I have created a local spark environment in docker. I intend to use this as part of a CICD pipeline for unit testing code executed in the spark environment. I have two scripts which I want to use: 1 will create a set of persistent spark databases and tables and the other will read those tables. Even though the tables should be persistent, they only persist in that specific spark session. If I create a new spark session, I cannot access the tables, even though it is visible in the file system. Code examples are below:

Create db and table

Create_script.py

from pyspark.sql import SparkSession
def main():
    spark = SparkSession.builder.appName('Example').getOrCreate()
    columns = ["language", "users_count"]
    data = [("Java", "20000"), ("Python", "100000"), ("Scala", "3000")]
    rdd = spark.sparkContext.parallelize(data)
    df = rdd.toDF(columns)
    spark.sql("create database if not exists schema1")
    df.write.mode("ignore").saveAsTable('schema1.table1')

Load Data

load_data.py

from pyspark.sql import SparkSession
spark = SparkSession.builder.appName('example').getOrCreate()
df = spark.sql("select * from schema1.table1")
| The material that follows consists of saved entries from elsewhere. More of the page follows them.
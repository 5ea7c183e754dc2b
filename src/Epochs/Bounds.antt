-- ===== src/Epochs/Bounds.antt =====
-- The history of packages/core/src/resource-epochs.ts stays well formed, and below a counter, as
-- values below the counter are set.
use flux_fast.Shared.{
  ℕ, suc, ◌≤◌, String, Option, none, some, [], ◌∷◌, max, ltb, arith, str_dec, Bool-cases, inl, inr,
  Distinct,
}
use flux_fast.Shared.JsMap
use flux_fast.Shared.JsMap.{
  Map, keys, size, AllValues, AllValues-delete, AllValues-set, set-Distinct, delete-Distinct,
}
use flux_fast.Epochs.{
  ResourceEpoch, ResourceEpochMap, max_resource_epoch_entries, watermark, or_else, get, evict, set,
  new_map,
}
use flux_fast.Epochs.Laws.{epoch_of, authoritative_of, Ordered}

-- An epoch that is ordered and was given out: the counter has reached it.
pub record IsPast (counter : ℕ) (e : ResourceEpoch) : Type 0 where
  pub ordered : Ordered e
  pub past : e.epoch ≤ counter

pub record IsHistory (counter : ℕ) (m : ResourceEpochMap) : Type 0 where
  pub distinct : Distinct str_dec (keys m.entries)
  pub entries : AllValues (IsPast counter) m.entries
  pub ordered : m.evicted_authoritative_epoch ≤ m.evicted_epoch
  pub past : m.evicted_epoch ≤ counter

pub new_map-IsHistory : (counter : ℕ) → IsHistory counter new_map
new_map-IsHistory counter = record {
  distinct = tt;
  entries = tt;
  ordered = omega arith;
  past = omega arith;
}

evict-IsHistory :
    (counter : ℕ) (m : Map String ResourceEpoch) (e a : ℕ)
    → Distinct str_dec (keys m)
    → AllValues (IsPast counter) m
    → a ≤ e
    → e ≤ counter
    → IsHistory counter (evict m e a)
unfolding evict
evict-IsHistory counter [] e a d h o p = record {
  distinct = tt;
  entries = tt;
  ordered = o;
  past = p;
}
evict-IsHistory counter ((k, v) ∷ m) e a d h o p =
    elim (Bool-cases (ltb max_resource_epoch_entries (suc (size m)))) [
      | inr fits ↦ rw (fits, evict) (record { distinct = d; entries = h; ordered = o; past = p })
      | inl over ↦
          rw (over, evict)
            (evict-IsHistory counter m (max e v.epoch) (max a v.authoritative_epoch) d.1 h.1
              (omega (arith, h.0.ordered)) (omega (arith, h.0.past)))
    ]

pub set-IsHistory :
    (counter : ℕ) (k : String) (v : ResourceEpoch) (m : ResourceEpochMap)
    → IsPast counter v
    → IsHistory counter m
    → IsHistory counter (set k v m)
unfolding set
set-IsHistory counter k v m p h =
    evict-IsHistory counter _ m.evicted_epoch m.evicted_authoritative_epoch
      (set-Distinct str_dec k v (JsMap.delete str_dec k m.entries)
        (delete-Distinct str_dec k m.entries h.distinct))
      (AllValues-set str_dec (IsPast counter) k v (JsMap.delete str_dec k m.entries) p
        (AllValues-delete str_dec (IsPast counter) k m.entries h.entries))
      h.ordered h.past

raise :
    (b c : ℕ) (m : Map String ResourceEpoch)
    → b ≤ c
    → AllValues (IsPast b) m
    → AllValues (IsPast c) m
raise b c [] p h = tt
raise b c ((k, v) ∷ m) p h =
    (record { ordered = h.0.ordered; past = omega (arith, h.0.past) }, raise b c m p h.1)

pub IsHistory-raise : (b c : ℕ) (m : ResourceEpochMap) → b ≤ c → IsHistory b m → IsHistory c m
IsHistory-raise b c m p h = record {
  distinct = h.distinct;
  entries = raise b c m.entries p h.entries;
  ordered = h.ordered;
  past = omega (arith, h.past);
}

entry-le :
    (counter : ℕ) (k : String) (m : Map String ResourceEpoch)
    → AllValues (IsPast counter) m
    → (epoch_of (JsMap.get str_dec k m) ≤ counter)
      × (authoritative_of (JsMap.get str_dec k m) ≤ epoch_of (JsMap.get str_dec k m))
unfolding JsMap.get
entry-le counter k [] h = (omega arith, omega arith)
entry-le counter k ((j, w) ∷ m) h = ground (arith, h.0.ordered, h.0.past, entry-le counter k m h.1)

-- Nothing that the history says is past the counter, and what it calls authoritative is an epoch.
pub get-le :
    (counter : ℕ) (k : String) (m : ResourceEpochMap)
    → IsHistory counter m
    → (epoch_of (get k m) ≤ counter) × (authoritative_of (get k m) ≤ epoch_of (get k m))
unfolding get
get-le counter k m h = go (JsMap.get str_dec k m.entries) (entry-le counter k m.entries h.entries)
  where
    go :
        (o : Option ResourceEpoch)
        → (epoch_of o ≤ counter) × (authoritative_of o ≤ epoch_of o)
        → (epoch_of (or_else o (watermark m)) ≤ counter)
          × (authoritative_of (or_else o (watermark m)) ≤ epoch_of (or_else o (watermark m)))
    go (some e) p = p
    go none p = ground (arith, h.past, h.ordered)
I know there is a problem as when I run this command: print(spark.catalog.listDatabases()) It can only find database default. But if I import Create_script.py then it will find schema1 db.

How do I make persistent tables across all spark sessions?

CodePudding user response：

These files in /repo/test/spark-warehouse is only data of the tables, without meta info of database/table/column.

If you don't enable Hive, Spark use an InMemoryCatalog, which is ephemeral and only for testing, only available in same spark context. This InMemoryCatalog doesn't provide any function to load db/table from file system.

So there is two way:

Columnar Format
- spark.write.orc(), write data into orc/parquet format in your Create_script.py script. orc/parquet format store column info aside with data.
- val df = spark.read.orc(), then createOrReplaceTempView if you need use it in sql.
Use Embed Hive

You don't need to install Hive, Spark can work with embed hive, just two steps.
- add spark-hive dependency. (I'm using Java which use pom.xml to manage dependencies, I don't know how to do it in pyspark)
- SparkSession.builder().enableHiveSupport()
Then data will be /repo/test/spark-warehouse/schema1.db, meta info will be /repo/test/metastore_db, which contains files of Derby db. You can read or write tables across all spark sessions.